§ **MATERIALS PROVIDED**:
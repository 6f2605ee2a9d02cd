-- ===== src/Search/Reorder.antt =====
-- tool/search.py: the order of the tiles, `reorder_indices` and `build_full_order_and_reorder_map`.
pub mod Scan
pub mod Positions
pub mod Inverse
pub mod Agreement
use ooverlap.Prelude.{
  ℕ, zero, suc, ◌+◌, ◌-◌, ◌≡◌, Bool, true, false, not, List, [], ◌∷◌, ◌++◌, length, get_or, set,
  replicate, filter, range, leb, ltb, if◌then◌else◌,
}
use ooverlap.Prelude.Int.{ℤ, pos, negsuc, is_negative}
use ooverlap.Prelude.Result.{Result, ok, err, value_error, index_error, ◌>>=◌}

-- `used` and `stable_prefix`.
pub record HintScan : Type 0 where
  pub used : List Bool
  pub stable_prefix : List ℕ

-- The body of the first loop, after its check: a tile that was seen before is skipped.
unfoldable pub scan_tile : HintScan → ℕ → HintScan
scan_tile s x =
    if get_or s.used x false
    then s
    else record { used = set s.used x true; stable_prefix = s.stable_prefix ++ x ∷ [] }

-- The first loop of `build_full_order_and_reorder_map`.
unfoldable pub scan_hint : ℕ → HintScan → List ℤ → Result HintScan
scan_hint tile_num s [] = ok s
scan_hint tile_num s (negsuc x ∷ hint) = err value_error
scan_hint tile_num s (pos x ∷ hint) =
    let rest = scan_hint tile_num (scan_tile s x) hint in
    if leb tile_num x then err value_error else rest

-- `for new_pos, tile_id in enumerate(order, start=p): m[tile_id] = new_pos`
unfoldable pub write_positions : List ℤ → ℕ → List ℕ → List ℤ
write_positions m p [] = m
write_positions m p (x ∷ xs) = write_positions (set m x (pos p)) (suc p) xs

pub record FullOrder : Type 0 where
  pub full_tile_order : List ℕ
  pub reorder_map : List ℤ
  pub unstable_tail : List ℕ

-- What follows the first loop.
unfoldable pub finish_order : ℕ → HintScan → FullOrder
finish_order tile_num s =
    let tail = filter (λ x. not (get_or s.used x false)) (range tile_num) in
    let order = s.stable_prefix ++ tail in
    record {
      full_tile_order = order;
      reorder_map = write_positions (replicate tile_num (negsuc 0)) 0 order;
      unstable_tail = tail;
    }

abbrev pub scan_start : ℕ → HintScan
scan_start tile_num = record { used = replicate tile_num false; stable_prefix = [] }

unfoldable pub build_full_order_and_reorder_map : ℕ → List ℤ → Result FullOrder
build_full_order_and_reorder_map tile_num hint = do
  s ← scan_hint tile_num (scan_start tile_num) hint
  ok (finish_order tile_num s)

-- A Python list index: a negative one counts from the end.
unfoldable pub list_index : ℕ → ℤ → Result ℕ
list_index n (pos x) = if ltb x n then ok x else err index_error
list_index n (negsuc k) = if ltb k n then ok (n - k - 1) else err index_error

-- `for i, tile in enumerate(hint, start=i): new_order[int(tile)] = i`
unfoldable pub place_hint : List ℤ → ℕ → List ℤ → Result (List ℤ)
place_hint new_order i [] = ok new_order
place_hint new_order i (tile ∷ hint) = do
  x ← list_index (length new_order) tile
  place_hint (set new_order x (pos i)) (suc i) hint

-- The second loop of `reorder_indices`, over the entries of `new_order` in the order of the tiles:
-- one that is negative gets the next position.
unfoldable pub place_rest : ℕ → List ℤ → List ℤ
place_rest p [] = []
place_rest p (v ∷ vs) =
    (if is_negative v then pos p else v) ∷ place_rest (if is_negative v then suc p else p) vs

-- `reorder_indices`, without the move to the device.
unfoldable pub reorder_indices : ℕ → List ℤ → Result (List ℤ)
reorder_indices tile_num hint = do
  new_order ← place_hint (replicate tile_num (negsuc 0)) 0 hint
  ok (place_rest (length hint) new_order)
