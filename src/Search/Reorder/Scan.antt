-- ===== src/Search/Reorder/Scan.antt =====
-- What the first loop of `build_full_order_and_reorder_map` keeps.
use ooverlap.Prelude.{
  ℕ, zero, suc, ◌+◌, ◌<◌, ◌≡◌, refl, ◌∙◌, ap, inl, inr, Bool, true, false, List, [], ◌∷◌, ◌++◌,
  length, get_or, set, replicate, contains, Nodup, leb, ◌==◌, Bool-cases, arith, length-append,
  length-set, length-replicate, get_or-set_self, get_or-set_ne, get_or-replicate, contains-append,
}
use ooverlap.Prelude.Int.{ℤ, pos, negsuc}
use ooverlap.Prelude.Result.{ok}
use ooverlap.Prelude.Distinct.{unused, Nodup-append}
use ooverlap.Search.Reorder.{HintScan, scan_tile, scan_hint, scan_start}

pub record IsScan (n : ℕ) (s : HintScan) : Type 0 where
  pub marks : length s.used ≡ n
  pub total : length s.stable_prefix + unused s.used ≡ n
  pub marked : (x : ℕ) → get_or s.used x false ≡ contains x s.stable_prefix
  pub distinct : Nodup s.stable_prefix

unused-replicate : (n : ℕ) → unused (replicate n false) ≡ n
unused-replicate zero = refl
unused-replicate (suc n) = ap suc (unused-replicate n)

unused-set :
    (us : List Bool) (x : ℕ)
    → x < length us
    → get_or us x false ≡ false
    → suc (unused (set us x true)) ≡ unused us
unused-set [] x h e = absurd (omega arith)
unused-set (u ∷ us) zero h e = ground arith
unused-set (true ∷ us) (suc x) h e = unused-set us x (omega arith) e
unused-set (false ∷ us) (suc x) h e = ap suc (unused-set us x (omega arith) e)

pub scan_start-IsScan : (n : ℕ) → IsScan n (scan_start n)
scan_start-IsScan n = record {
  marks = length-replicate n false;
  total = omega (arith, unused-replicate n);
  marked = λ x. get_or-replicate n x false;
  distinct = tt;
}

marked-snoc :
    (us : List Bool) (xs : List ℕ) (x y : ℕ)
    → x < length us
    → get_or us y false ≡ contains y xs
    → get_or (set us x true) y false ≡ contains y (xs ++ x ∷ [])
marked-snoc us xs x y h e = elim (Bool-cases (x == y)) [
  | inl same ↦ ground (arith, contains-append y xs (x ∷ []), get_or-set_self us x true false h)
  | inr differ ↦ ground (arith, contains-append y xs (x ∷ []), get_or-set_ne us x y true false, e)
]

-- A tile of the grid is marked and appended once.
pub scan_tile-IsScan :
    {n : ℕ} (s : HintScan) (x : ℕ) → x < n → IsScan n s → IsScan n (scan_tile s x)
unfolding scan_tile
scan_tile-IsScan {n} s x h v = elim (Bool-cases (get_or s.used x false)) [
  | inl seen ↦ rw seen v
  | inr new ↦ rw new (record {
    marks = length-set s.used x true ∙ v.marks;
    total = omega (
      arith,
      v.total,
      length-append {0} s.stable_prefix (x ∷ []),
      unused-set s.used x (omega (arith, v.marks)) new,
    );
    marked = λ y. marked-snoc s.used s.stable_prefix x y (omega (arith, v.marks)) (v.marked y);
    distinct =
        Nodup-append s.stable_prefix (x ∷ []) v.distinct (refl, tt)
          λ y m. ground (arith, v.marked y, new, v.marked x, m);
  })
]

-- The scan of a hint that it accepts keeps the invariant.
pub scan_hint-IsScan :
    (n : ℕ) (hint : List ℤ) (s : HintScan) {t : HintScan}
    → IsScan n s
    → scan_hint n s hint ≡ ok t
    → IsScan n t
unfolding scan_hint
scan_hint-IsScan n [] s v e = ground (arith, e, v)
scan_hint-IsScan n (negsuc x ∷ hint) s v e = cc
scan_hint-IsScan n (pos x ∷ hint) s v e = elim (Bool-cases (leb n x)) [
  | inl big ↦ absurd (let bad = rw big at e in cc)
  | inr small ↦
      scan_hint-IsScan n hint (scan_tile s x) (scan_tile-IsScan s x (ground arith) v)
        (rw small at e)
]
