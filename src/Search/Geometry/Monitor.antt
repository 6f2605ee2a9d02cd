-- ===== src/Search/Geometry/Monitor.antt =====
-- What `reset_monitor_matrix` leaves for a run to write, and `div_up` as a rounded quotient.
use ooverlap.Prelude.{
  ℕ, zero, suc, ◌+◌, ◌-◌, ◌*◌, ◌/◌, ◌<◌, ◌≤◌, ◌≡◌, refl, ◌∙◌, ap, true, false, List, [], ◌∷◌, ◌++◌,
  take, drop, length, replicate, arith, length-replicate, length-drop, append-nil,
}
use ooverlap.Prelude.Int.{ℤ, pos, negsuc}
use ooverlap.Prelude.Result.{ok}
use ooverlap.Search.Geometry.{
  div_up, monitor_size, fill_slice, reset_monitor_matrix, monitor_order_view,
}

-- `div_up` is the least number of groups of `y` that hold `x` items.
pub div_up_lem : (x y : ℕ) → 0 < y → (q : ℕ) × (div_up x y ≡ ok q) × (x ≤ q * y) × (q * y < x + y)
unfolding div_up
div_up_lem x zero h = absurd (omega arith)
div_up_lem x (suc y) h = ((x + suc y - 1) / suc y, refl, grind arith, grind arith)

fill_slice_zero :
    (count : ℕ) (v : ℤ) (xs : List ℤ)
    → count ≤ length xs
    → fill_slice 0 count v xs ≡ replicate count v ++ drop count xs
unfolding fill_slice
fill_slice_zero zero v xs h = refl
fill_slice_zero (suc count) v [] h = absurd (omega arith)
fill_slice_zero (suc count) v (x ∷ xs) h =
    ap (λ r. v ∷ r) (fill_slice_zero count v xs (omega arith))

fill_slice-append :
    (front xs : List ℤ) (count : ℕ) (v : ℤ)
    → count ≡ length xs
    → fill_slice (length front) count v (front ++ xs) ≡ front ++ replicate count v
unfolding fill_slice
fill_slice-append [] [] zero v h = refl
fill_slice-append [] [] (suc count) v h = absurd (omega arith)
fill_slice-append [] (x ∷ xs) zero v h = absurd (omega arith)
fill_slice-append [] (x ∷ xs) (suc count) v h =
    ap (λ r. v ∷ r) (fill_slice-append [] xs count v (omega arith))
fill_slice-append (a ∷ front) xs count v h = ap (λ r. a ∷ r) (fill_slice-append front xs count v h)

drop-length : (xs : List ℤ) → drop (length xs) xs ≡ []
drop-length [] = refl
drop-length (x ∷ xs) = drop-length xs

drop-append : (front xs : List ℤ) → drop (length front) (front ++ xs) ≡ xs
drop-append [] xs = refl
drop-append (a ∷ front) xs = drop-append front xs

take-replicate : (n : ℕ) (v : ℤ) → take n (replicate n v) ≡ replicate n v
take-replicate zero v = refl
take-replicate (suc n) v = ap (λ r. v ∷ r) (take-replicate n v)

-- On a matrix of the size that `monitor_size` gives, a reset forgets what was there: with the
-- monitor all counters are 0 and the order of every tile reads -1; without it all entries are 0.
pub reset_monitor_matrix_lem :
    (mm plain : List ℤ) (t s : ℕ)
    → length mm ≡ monitor_size t s true
    → length plain ≡ monitor_size t s false
    → (reset_monitor_matrix mm t s true ≡ replicate (s + t + 1) (pos 0) ++ replicate t (negsuc 0))
      × (monitor_order_view (reset_monitor_matrix mm t s true) t s ≡ replicate t (negsuc 0))
      × (reset_monitor_matrix plain t s false ≡ replicate (s + t) (pos 0))
unfolding reset_monitor_matrix monitor_size monitor_order_view
reset_monitor_matrix_lem mm plain t s h k =
    let c = s + t + 1 in
    let zeros = replicate c (pos 0) in
    let zeros_size : length zeros ≡ c = length-replicate c (pos 0) in
    let first = fill_slice_zero c (pos 0) mm (omega arith) in
    let rest : t ≡ length (drop c mm) = omega (arith, length-drop {0} c mm) in
    let second = fill_slice-append zeros (drop c mm) t (negsuc 0) rest in
    let whole : fill_slice c t (negsuc 0) (fill_slice 0 c (pos 0) mm)
        ≡ zeros ++ replicate t (negsuc 0) =
      rw (first, ← zeros_size) (rw zeros_size (rw zeros_size at second)) in
    let view : drop c (zeros ++ replicate t (negsuc 0)) ≡ replicate t (negsuc 0) =
      rw zeros_size at (drop-append zeros (replicate t (negsuc 0))) in
    (
      whole,
      rw (whole, view) (take-replicate t (negsuc 0)),
      fill_slice_zero (s + t) (pos 0) plain (omega arith) ∙ rw (← k, drop-length plain, append-nil),
    )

§ **TASK DETAILS**: Provide every line from the material that contains the word "record".

§ **OUTPUT**:
pub record HintScan : Type 0 where
    else record { used = set s.used x true; stable_prefix = s.stable_prefix ++ x ∷ [] }
pub record FullOrder : Type 0 where
    record {
scan_start tile_num = record { used = replicate tile_num false; stable_prefix = [] }
pub record IsScan (n : ℕ) (s : HintScan) : Type 0 where
scan_start-IsScan n = record {
  | inr new ↦ rw new (record {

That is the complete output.